Start of Task material

-- ===== src/Network.antt =====
-- src/native/mod.rs: `connect_tcp`, over the addresses of the standard library and the calls of
-- tokio's network. A text is the list of its bytes; an address is the list of its octets.
pub mod Attempts
use Prim.Native.String.{String}
use yawc.Shared.{ℕ, Bool, true, false, Option, none, some, List, [], ◌∷◌}
use yawc.Error.{Result, ok, err, io_error, ◌>>=◌}

-- `std::net::IpAddr` and `std::net::SocketAddr`.
pub data IpAddr : Type 0 where
  ip_v4 : List ℕ → IpAddr
  ip_v6 : List ℕ → IpAddr

pub data SocketAddr : Type 0 where
  v4 : List ℕ → ℕ → SocketAddr
  v6 : List ℕ → ℕ → SocketAddr

-- `url::Host`.
pub data Host : Type 0 where
  domain : List ℕ → Host
  ipv4 : List ℕ → Host
  ipv6 : List ℕ → Host

-- What the accessors of a `url::Url` return; `known_port` is `port_or_known_default`.
pub record Url : Type 0 where
  pub scheme : String
  pub host : Option Host
  pub username : List ℕ
  pub password : Option (List ℕ)
  pub port : Option ℕ
  pub known_port : Option ℕ

-- The arguments of `connect_tcp`: a host name with a port, or an address.
pub data Endpoint : Type 0 where
  by_host : List ℕ → ℕ → Endpoint
  by_addr : SocketAddr → Endpoint

-- tokio: `lookup_host`, `TcpStream::connect`, a new socket of the kind of an address that is bound
-- to it, and the connection of that socket.
pub record Network (S : Type 0) : Type 0 where
  pub lookup_host : Endpoint → Result (List SocketAddr)
  pub tcp_connect : Endpoint → Result S
  pub bind : IpAddr → Result (Unit {0})
  pub socket_connect : IpAddr → SocketAddr → Result S

-- `remote.is_ipv4() == local.is_ipv4()`
unfoldable pub same_kind : IpAddr → SocketAddr → Bool
same_kind (ip_v4 _) (v4 _ _) = true
same_kind (ip_v6 _) (v6 _ _) = true
same_kind _ _ = false

module _ {S : Type 0} (network : Network S) where
  -- The loop over the addresses, with the error of the last attempt.
  unfoldable pub try_each : IpAddr → List SocketAddr → Result S → Result S
  unfolding same_kind
  try_each local [] failed = failed
  try_each local (remote ∷ others) failed = elim (same_kind local remote) [
    | false ↦ try_each local others failed
    | true ↦ network.bind local >>= λ _. elim (network.socket_connect local remote) [
      | ok stream ↦ ok stream
      | err reason ↦ try_each local others (err reason)
    ]
  ]

  unfoldable pub connect_tcp : Option IpAddr → Endpoint → Result S
  unfolding try_each
  connect_tcp none target = network.tcp_connect target
  connect_tcp (some local) target =
      network.lookup_host target >>= λ remotes. try_each local remotes (err io_error)
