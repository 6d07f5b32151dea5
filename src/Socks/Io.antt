-- ===== src/Socks/Io.antt =====
-- The stream to the proxy that src/native/socks5.rs is generic over (`AsyncRead + AsyncWrite`), and
-- the sequence of awaited calls on it: a state, and a result that ends the sequence if it is an
-- error. What was written before an error stays written.
use yawc.Shared.{ℕ, ◌≡◌, List, ◌++◌, length}
use yawc.Error.{WebSocketError, io_error, Result, ok, err}

abbrev pub Action : Type 0 → Type 0 → Type 0
Action S A = S → Result A × S

module _ {S : Type 0} {A : Type 0} where
  abbrev pub pure : A → Action S A
  pure a s = (ok a, s)

  abbrev pub fail : WebSocketError → Action S A
  fail e s = (err e, s)

infixl 5 ◌>>=◌ ◌>>◌
unfoldable pub ◌>>=◌ : {S A B : Type 0} → Action S A → (A → Action S B) → Action S B
◌>>=◌ m f s = let (r, t) = m s in elim r [ ok a ↦ f a t | err e ↦ (err e, t) ]

abbrev pub ◌>>◌ : {S A B : Type 0} → Action S A → Action S B → Action S B
m >> k = m >>= λ _. k

-- The calls that the client makes of tokio's `AsyncReadExt` and `AsyncWriteExt`.
pub record Stream (S : Type 0) : Type 0 where
  pub write_all : List ℕ → Action S Unit
  pub flush : Action S Unit
  pub read_exact : ℕ → Action S (List ℕ)

-- What they do when they succeed, by the history of the connection: the bytes written to it and the
-- bytes read from it. Their errors are I/O errors, and nothing is said of what the peer sends.
pub record History {S : Type 0} (stream : Stream S) : Type 0 where
  pub sent : S → List ℕ
  pub received : S → List ℕ
  pub write_all_ok :
      (bytes : List ℕ) (s t : S) (u : Unit)
      → stream.write_all bytes s ≡ (ok u, t)
      → (sent t ≡ sent s ++ bytes) × (received t ≡ received s)
  pub flush_ok :
      (s t : S) (u : Unit)
      → stream.flush s ≡ (ok u, t)
      → (sent t ≡ sent s) × (received t ≡ received s)
  pub read_exact_ok :
      (n : ℕ) (s t : S) (bytes : List ℕ)
      → stream.read_exact n s ≡ (ok bytes, t)
      → (sent t ≡ sent s) × (received t ≡ received s ++ bytes) × (length bytes ≡ n)
  pub write_all_err :
      (bytes : List ℕ) (s t : S) (e : WebSocketError)
      → stream.write_all bytes s ≡ (err e, t)
      → e ≡ io_error
  pub flush_err : (s t : S) (e : WebSocketError) → stream.flush s ≡ (err e, t) → e ≡ io_error
  pub read_exact_err :
      (n : ℕ) (s t : S) (e : WebSocketError) → stream.read_exact n s ≡ (err e, t) → e ≡ io_error
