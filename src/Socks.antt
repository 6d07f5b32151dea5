-- ===== src/Socks.antt =====
-- src/native/socks5.rs: the messages of the SOCKS5 client (RFC 1928 and RFC 1929) and their order.
-- A text of the source is the list of its UTF-8 bytes.
pub mod Io
pub mod Traces
pub mod Dialogue
pub mod Script
pub mod Blames
pub mod Refusals
pub mod Proxy
pub mod Wire
use yawc.Shared.{
  ℕ, ◌+◌, ◌%◌, Bool, true, false, ◌||◌, Option, none, some, List, [], ◌∷◌, ◌++◌, length, get_or,
  ltb, ◌==◌, if◌then◌else◌, not,
}
use yawc.Error.{WebSocketError, socks5, Result, ok, err}
use yawc.Error.Socks5.{
  Socks5Error, credentials_too_long, hostname_too_long, unsupported_version, no_acceptable_auth,
  unsupported_method, auth_failed, rejected, invalid_address_type, reply_code,
}
use yawc.Frame.{be_bytes16}
use yawc.Network.{SocketAddr, v4, v6}
use yawc.Socks.Io.{Action, pure, fail, ◌>>=◌, ◌>>◌, Stream}

abbrev pub version : ℕ
version = 5

abbrev pub cmd_connect : ℕ
cmd_connect = 1

abbrev pub auth_version : ℕ
auth_version = 1

abbrev pub max_credential_len : ℕ
max_credential_len = 255

abbrev pub max_hostname_len : ℕ
max_hostname_len = 255

pub data Method : Type 0 where
  no_authentication : Method
  user_pass : Method
  unacceptable : Method

unfoldable pub method_code : Method → ℕ
method_code no_authentication = 0
method_code user_pass = 2
method_code unacceptable = 255

unfoldable pub method_from_code : ℕ → Option Method
method_from_code code =
    if code == 0
    then some no_authentication
    else if code == 2
    then some user_pass
    else if code == 255
    then some unacceptable
    else none

pub data AddressType : Type 0 where
  ipv4 : AddressType
  domain : AddressType
  ipv6 : AddressType

unfoldable pub address_code : AddressType → ℕ
address_code ipv4 = 1
address_code domain = 3
address_code ipv6 = 4

unfoldable pub address_from_code : ℕ → Option AddressType
address_from_code code =
    if code == 1
    then some ipv4
    else if code == 3
    then some domain
    else if code == 4
    then some ipv6
    else none

pub record Auth : Type 0 where
  pub username : List ℕ
  pub password : List ℕ

pub data Target : Type 0 where
  named : List ℕ → ℕ → Target
  addressed : SocketAddr → Target

-- The greeting of `negotiate`.
unfoldable pub greeting : Option Auth → List ℕ
unfolding method_code
greeting (some _) = version ∷ 2 ∷ method_code no_authentication ∷ method_code user_pass ∷ []
greeting none = version ∷ 1 ∷ method_code no_authentication ∷ []

-- The request of `authenticate`; `as u8` cuts a length to its low byte.
unfoldable pub auth_request : Auth → List ℕ
auth_request auth =
    auth_version
    ∷ (length auth.username % 256)
    ∷ (auth.username ++ ((length auth.password % 256) ∷ auth.password))

-- The request of `send_request`.
unfoldable pub connect_request : Target → List ℕ
unfolding address_code be_bytes16
connect_request (named host port) =
    version
    ∷ cmd_connect
    ∷ 0
    ∷ address_code domain
    ∷ (length host % 256)
    ∷ (host ++ be_bytes16 port)
connect_request (addressed (v4 ip port)) =
    version ∷ cmd_connect ∷ 0 ∷ address_code ipv4 ∷ (ip ++ be_bytes16 port)
connect_request (addressed (v6 ip port)) =
    version ∷ cmd_connect ∷ 0 ∷ address_code ipv6 ∷ (ip ++ be_bytes16 port)

-- The guard on the length of a host name.
unfoldable pub is_too_long : Target → Bool
is_too_long (named host port) = ltb max_hostname_len (length host)
is_too_long (addressed addr) = false

module _ {S : Type 0} (stream : Stream S) where
  abbrev refuse : {A : Type 0} → Socks5Error → Action S A
  refuse reason = fail (socks5 reason)

  -- `if condition { return Err(reason.into()); }`
  unfoldable pub refuse_if : Bool → Socks5Error → Action S Unit
  refuse_if condition reason = if condition then refuse reason else pure tt

  unfoldable pub authenticate : Auth → Action S Unit
  authenticate auth = do
    stream.write_all (auth_request auth)
    stream.flush
    status ← stream.read_exact 2
    refuse_if (not (get_or status 0 0 == auth_version)) (unsupported_version (get_or status 0 0))
    refuse_if (not (get_or status 1 0 == 0)) (auth_failed (get_or status 1 0))

  -- The method that the proxy chose, beside the credentials of the client.
  unfoldable pub run_method : ℕ → Option Method → Option Auth → Action S Unit
  run_method code (some no_authentication) _ = pure tt
  run_method code (some user_pass) (some auth) = authenticate auth
  run_method code (some unacceptable) _ = refuse no_acceptable_auth
  run_method code _ _ = refuse (unsupported_method code)

  unfoldable pub negotiate : Option Auth → Action S Unit
  negotiate auth = do
    stream.write_all (greeting auth)
    stream.flush
    chosen ← stream.read_exact 2
    refuse_if (not (get_or chosen 0 0 == version)) (unsupported_version (get_or chosen 0 0))
    run_method (get_or chosen 1 0) (method_from_code (get_or chosen 1 0)) auth

  unfoldable pub send_request : Target → Action S Unit
  send_request target = do stream.write_all (connect_request target); stream.flush

  -- The length of the bound address of a reply.
  unfoldable pub address_len : ℕ → Option AddressType → Action S ℕ
  address_len code (some ipv4) = pure 4
  address_len code (some ipv6) = pure 16
  address_len code (some domain) = do len ← stream.read_exact 1; pure (get_or len 0 0)
  address_len code none = refuse (invalid_address_type code)

  unfoldable pub read_reply : Action S Unit
  read_reply = do
    head ← stream.read_exact 4
    refuse_if (not (get_or head 0 0 == version)) (unsupported_version (get_or head 0 0))
    refuse_if (not (get_or head 1 0 == 0)) (rejected (reply_code (get_or head 1 0)))
    len ← address_len (get_or head 3 0) (address_from_code (get_or head 3 0))
    _ ← stream.read_exact (len + 2)
    pure tt

  unfoldable pub run_connect : Option Auth → Target → Action S Unit
  run_connect auth target = do negotiate auth; send_request target; read_reply

  -- The function `connect`.
  unfoldable pub connect : Option Auth → Target → Action S Unit
  connect auth target =
      if is_too_long target then refuse hostname_too_long else run_connect auth target
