-- ===== src/Negotiation.antt =====
-- src/compression.rs, src/native/options.rs and src/native/mod.rs: what the two sides settle for
-- permessage-deflate, and the settings of a connection. `zlib` says whether that feature is built.
-- A compression level is its number; the pool of compressors, which a setting only passes on, and
-- the text of the header are left out.
pub mod Windows
pub mod Mirror
use yawc.Shared.{
  ℕ, ◌*◌, ◌-◌, min, max, Bool, true, false, ◌&&◌, ◌||◌, not, Option, none, some, List, [], ◌∷◌, ltb,
  if◌then◌else◌,
}
use yawc.Error.{Result, ok, err, compression_not_supported}
use yawc.Codec.{Role, server, client}

pub record WebSocketExtensions : Type 0 where
  pub server_max_window_bits : Option (Option ℕ)
  pub client_max_window_bits : Option (Option ℕ)
  pub server_no_context_takeover : Bool
  pub client_no_context_takeover : Bool

pub record DeflateOptions : Type 0 where
  pub level : ℕ
  pub server_max_window_bits : Option ℕ
  pub client_max_window_bits : Option ℕ
  pub server_no_context_takeover : Bool
  pub client_no_context_takeover : Bool
  pub compression_threshold : ℕ

-- `Option::map`, and `Ord::clamp` for bounds that are in order.
abbrev pub map_option {ℓ κ} : {A : Type ℓ} {B : Type κ} → (A → B) → Option A → Option B
map_option f none = none
map_option f (some a) = some (f a)

unfoldable pub clamp : ℕ → ℕ → ℕ → ℕ
clamp lo hi n = min (max n lo) hi

-- `WebSocketExtensions::from(&DeflateOptions)`.
unfoldable pub from_options : Bool → DeflateOptions → WebSocketExtensions
from_options zlib o = record {
  server_max_window_bits =
      if zlib then map_option (λ (b : ℕ). some b) o.server_max_window_bits else none;
  client_max_window_bits =
      if zlib then map_option (λ (b : ℕ). some b) o.client_max_window_bits else none;
  server_no_context_takeover = o.server_no_context_takeover;
  client_no_context_takeover = o.client_no_context_takeover;
}

-- The answer on a window that the client offered, with what the server prefers.
unfoldable pub answer_window : Option ℕ → Option ℕ → ℕ
answer_window (some c) (some s) = min c s
answer_window (some c) none = c
answer_window none (some s) = s
answer_window none none = 9

unfoldable pub merge_client : Option (Option ℕ) → Option ℕ → Option (Option ℕ)
unfolding answer_window
merge_client none preference = none
merge_client (some offered) preference = some (some (answer_window offered preference))

unfoldable pub merge_server : Option (Option ℕ) → Option ℕ → Option (Option ℕ)
unfolding answer_window
merge_server none preference = map_option (λ (b : ℕ). some b) preference
merge_server (some offered) preference = some (some (answer_window offered preference))

-- `DeflateOptions::merge`.
unfoldable pub merge : Bool → DeflateOptions → WebSocketExtensions → WebSocketExtensions
unfolding clamp merge_client merge_server
merge zlib o offered =
    let server_preference = map_option (clamp 9 15) o.server_max_window_bits in
    let client_preference = map_option (clamp 8 15) o.client_max_window_bits in
    record {
      server_max_window_bits =
          if zlib
          then merge_server offered.server_max_window_bits server_preference
          else offered.server_max_window_bits;
      client_max_window_bits =
          if zlib then merge_client offered.client_max_window_bits client_preference else none;
      server_no_context_takeover =
          offered.server_no_context_takeover || o.server_no_context_takeover;
      client_no_context_takeover =
          offered.client_no_context_takeover || o.client_no_context_takeover;
    }

-- `*WINDOW_BITS.start()` with zlib and `*WINDOW_BITS.end()` without.
abbrev pub smallest_window : Bool → ℕ
smallest_window zlib = if zlib then 9 else 15

-- An offer that limits the server's window too far is passed over.
unfoldable pub is_too_small : Bool → WebSocketExtensions → Bool
is_too_small zlib offer = elim offer.server_max_window_bits [
  | some (some bits) ↦ ltb bits (smallest_window zlib)
  | _ ↦ false
]

-- `offers.iter().find(..)`.
unfoldable pub find_offer : Bool → List WebSocketExtensions → Option WebSocketExtensions
unfolding is_too_small
find_offer zlib [] = none
find_offer zlib (offer ∷ offers) =
    let later = find_offer zlib offers in if is_too_small zlib offer then later else some offer

-- `WebSocketExtensions::agree`.
unfoldable pub agree :
    Bool → Option DeflateOptions → List WebSocketExtensions → Option WebSocketExtensions
unfolding find_offer merge
agree zlib none offers = none
agree zlib (some o) offers = map_option (merge zlib o) (find_offer zlib offers)

pub record HalfConfig : Type 0 where
  pub no_context_takeover : Bool
  pub window_bits : Option ℕ

pub record CompressionConfig : Type 0 where
  pub level : ℕ
  pub outgoing : HalfConfig
  pub incoming : HalfConfig

-- `bits.flatten().map(..)` with the clamp to `WINDOW_BITS`.
unfoldable pub clamp_window : Option (Option ℕ) → Option ℕ
unfolding clamp
clamp_window (some (some bits)) = some (clamp 9 15 bits)
clamp_window _ = none

-- `CompressionConfig::resolve`.
unfoldable pub resolve :
    Option WebSocketExtensions → Option ℕ → Role → Result (Option CompressionConfig)
unfolding clamp_window
resolve none level role = ok none
resolve (some x) none role = err compression_not_supported
resolve (some x) (some level) role =
    let of_client : HalfConfig = record {
      no_context_takeover = x.client_no_context_takeover;
      window_bits = clamp_window x.client_max_window_bits;
    } in
    let of_server : HalfConfig = record {
      no_context_takeover = x.server_no_context_takeover;
      window_bits = clamp_window x.server_max_window_bits;
    } in
    elim role [
      | client ↦ ok (some (record { level = level; outgoing = of_client; incoming = of_server }))
      | server ↦ ok (some (record { level = level; outgoing = of_server; incoming = of_client }))
    ]

pub record Fragmentation : Type 0 where
  pub timeout : Option ℕ
  pub fragment_size : Option ℕ

-- The fields of `Options` that a connection takes over.
pub record Options : Type 0 where
  pub max_payload_read : Option ℕ
  pub max_read_buffer : Option ℕ
  pub read_buffer_capacity : Option ℕ
  pub write_buffer_capacity : Option ℕ
  pub compression : Option DeflateOptions
  pub fragmentation : Option Fragmentation
  pub check_utf8 : Bool
  pub max_backpressure_write_boundary : Option ℕ

pub record Negotiation : Type 0 where
  pub compression : Option CompressionConfig
  pub max_payload_read : ℕ
  pub max_read_buffer : ℕ
  pub read_buffer_capacity : Option ℕ
  pub write_buffer_capacity : Option ℕ
  pub utf8 : Bool
  pub fragmentation : Option Fragmentation
  pub max_backpressure_write_boundary : Option ℕ
  pub compression_threshold : ℕ

abbrev pub unwrap_or {ℓ} : {A : Type ℓ} → Option A → A → A
unwrap_or none a = a
unwrap_or (some b) a = b

-- `MAX_PAYLOAD_READ` and `MAX_READ_BUFFER`.
abbrev pub max_payload_read_default : ℕ
max_payload_read_default = 1024 * 1024

abbrev pub max_read_buffer_default : ℕ
max_read_buffer_default = 2 * 1024 * 1024

-- `Negotiation::new`. A payload limit of half of `usize` or more, which would overflow in the
-- doubling, does not occur.
unfoldable pub new_negotiation : Option WebSocketExtensions → Options → Role → Result Negotiation
unfolding resolve
new_negotiation extensions o role =
    let level = map_option (λ (d : DeflateOptions). d.level) o.compression in
    elim (resolve extensions level role) [
      | err e ↦ err e
      | ok config ↦ ok (record {
        compression = config;
        max_payload_read = unwrap_or o.max_payload_read max_payload_read_default;
        max_read_buffer =
            unwrap_or o.max_read_buffer (
              unwrap_or (map_option (λ (n : ℕ). n * 2) o.max_payload_read) max_read_buffer_default);
        read_buffer_capacity = o.read_buffer_capacity;
        write_buffer_capacity = o.write_buffer_capacity;
        utf8 = o.check_utf8;
        fragmentation = o.fragmentation;
        max_backpressure_write_boundary = o.max_backpressure_write_boundary;
        compression_threshold =
            unwrap_or (map_option (λ (d : DeflateOptions). d.compression_threshold) o.compression)
              0;
      })
    ]
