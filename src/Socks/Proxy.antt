-- ===== src/Socks/Proxy.antt =====
-- src/native/socks5.rs: the proxy that a URL describes, the target that it is asked for, and the
-- tunnel through it. Where the source would panic the result is `none`.
use Prim.Native.String.{String}
use text.Mathlib.Text.{◌==◌ as ◌=ˢ◌}
use yawc.Shared.{
  ℕ, Bool, true, false, ◌||◌, ltb, length, Option, none, some, List, [], ◌∷◌, if◌then◌else◌,
}
use yawc.Error.{socks5, io_error, invalid_http_scheme, Result, ok, err, ◌>>=◌}
use yawc.Error.Socks5.{unsupported_scheme, missing_host, invalid_credentials, credentials_too_long}
use yawc.Network.{
  IpAddr, SocketAddr, v4, v6, Host, domain, ipv4, ipv6, Url, Endpoint, by_host, by_addr, Network,
  connect_tcp,
}
use yawc.Socks.{Auth, Target, named, addressed, max_credential_len, connect}
use yawc.Socks.Io.{Stream}
use yawc.Negotiation.{unwrap_or}

pub record Proxy : Type 0 where
  pub host : Host
  pub port : ℕ
  pub auth : Option Auth
  pub remote_dns : Bool

abbrev pub default_port : ℕ
default_port = 1080

unfoldable pub auth_too_long : Option Auth → Bool
auth_too_long none = false
auth_too_long (some auth) =
    ltb max_credential_len (length auth.username) || ltb max_credential_len (length auth.password)

-- The url and percent-encoding crates: `Host::parse`, and the bytes of a percent-decoded text if they
-- are UTF-8.
pub record UrlText : Type 0 where
  pub host_parse : List ℕ → Result Host
  pub percent_decode : List ℕ → Option (List ℕ)

module _ (text : UrlText) where
  unfoldable pub decode_userinfo : List ℕ → Result (List ℕ)
  decode_userinfo value = elim (text.percent_decode value) [
    | some decoded ↦ ok decoded
    | none ↦ err (socks5 invalid_credentials)
  ]

  unfoldable pub proxy_host : Option Host → Result Host
  proxy_host (some (domain name)) = text.host_parse name
  proxy_host (some (ipv4 ip)) = ok (ipv4 ip)
  proxy_host (some (ipv6 ip)) = ok (ipv6 ip)
  proxy_host none = err (socks5 missing_host)

  unfoldable pub proxy_auth : Url → Result (Option Auth)
  unfolding decode_userinfo
  proxy_auth url = decode_userinfo url.username >>= λ username. elim username [
    | [] ↦ ok none
    | b ∷ bs ↦ decode_userinfo (unwrap_or url.password []) >>= λ password.
        ok (some (record { username = b ∷ bs; password = password }))
  ]

  -- `Proxy::socks5` once the scheme is known.
  unfoldable pub from_url : Bool → Url → Result Proxy
  unfolding proxy_host proxy_auth auth_too_long
  from_url remote_dns url = proxy_host url.host >>= λ host. proxy_auth url >>= λ auth.
      if auth_too_long auth
      then err (socks5 credentials_too_long)
      else ok (record {
        host = host;
        port = unwrap_or url.port default_port;
        auth = auth;
        remote_dns = remote_dns;
      })

  -- `Proxy::socks5`
  unfoldable pub proxy_socks5 : Url → Result Proxy
  unfolding from_url
  proxy_socks5 url =
      if url.scheme =ˢ "socks5"
      then from_url false url
      else if url.scheme =ˢ "socks5h"
      then from_url true url
      else err (socks5 (unsupported_scheme url.scheme))

-- The endpoint of a host at a port.
unfoldable pub endpoint : Host → ℕ → Endpoint
endpoint (domain name) port = by_host name port
endpoint (ipv4 ip) port = by_addr (v4 ip port)
endpoint (ipv6 ip) port = by_addr (v6 ip port)

-- `.next()`: the first address of a lookup.
unfoldable pub first_address : List SocketAddr → Result Target
first_address [] = err io_error
first_address (address ∷ _) = ok (addressed address)

module _ {S : Type 0} (network : Network S) where
  unfoldable pub dial : Proxy → Option IpAddr → Result S
  unfolding endpoint
  dial proxy local_address = connect_tcp network local_address (endpoint proxy.host proxy.port)

  -- The target of a host at a port.
  unfoldable pub target_of : Bool → Host → ℕ → Result Target
  unfolding first_address
  target_of remote_dns (ipv4 ip) port = ok (addressed (v4 ip port))
  target_of remote_dns (ipv6 ip) port = ok (addressed (v6 ip port))
  target_of true (domain name) port = ok (named name port)
  target_of false (domain name) port =
      network.lookup_host (by_host name port) >>= λ addresses. first_address addresses

  unfoldable pub target : Proxy → Url → Option SocketAddr → Option (Result Target)
  unfolding target_of
  target proxy url (some address) = some (ok (addressed address))
  target proxy url none = elim url.known_port [
    | none ↦ none
    | some port ↦ elim url.host [
      | none ↦ none
      | some host ↦ some (target_of proxy.remote_dns host port)
    ]
  ]

-- `matches!(url.scheme(), "ws" | "wss" | "http" | "https")`
unfoldable pub is_web : String → Bool
is_web scheme = (scheme =ˢ "ws") || (scheme =ˢ "wss") || (scheme =ˢ "http") || (scheme =ˢ "https")

module _ {S : Type 0} (network : Network S) (stream : Stream S) where
  -- The tunnel to a target.
  unfoldable pub open_tunnel : Proxy → Option IpAddr → Target → Result S
  unfolding dial connect
  open_tunnel proxy local_address destination = dial network proxy local_address >>= λ socket.
      let (result, opened) = connect stream proxy.auth destination socket in
      result >>= λ _. ok opened

  unfoldable pub connect_from : Proxy → Url → Option SocketAddr → Option IpAddr → Option (Result S)
  unfolding is_web target open_tunnel
  connect_from proxy url address local_address =
      if is_web url.scheme
      then elim url.host [
        | none ↦ some (err io_error)
        | some _ ↦ elim (target network proxy url address) [
          | none ↦ none
          | some destination ↦ some (destination >>= open_tunnel proxy local_address)
        ]
      ]
      else some (err invalid_http_scheme)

End of Task material

There is a line with "else if code == 4" and a line with "unfolding method_code" above. Copy exactly those two lines and all lines between them, with nothing else.

Solution for this problem:
    else if code == 4
    then some ipv6
    else none

pub record Auth : Type 0 where
  pub username : List ℕ
  pub password : List ℕ

pub data Target : Type 0 where
  named : List ℕ → ℕ → Target
  addressed : SocketAddr → Target

-- The greeting of `negotiate`.
unfoldable pub greeting : Option Auth → List ℕ
unfolding method_code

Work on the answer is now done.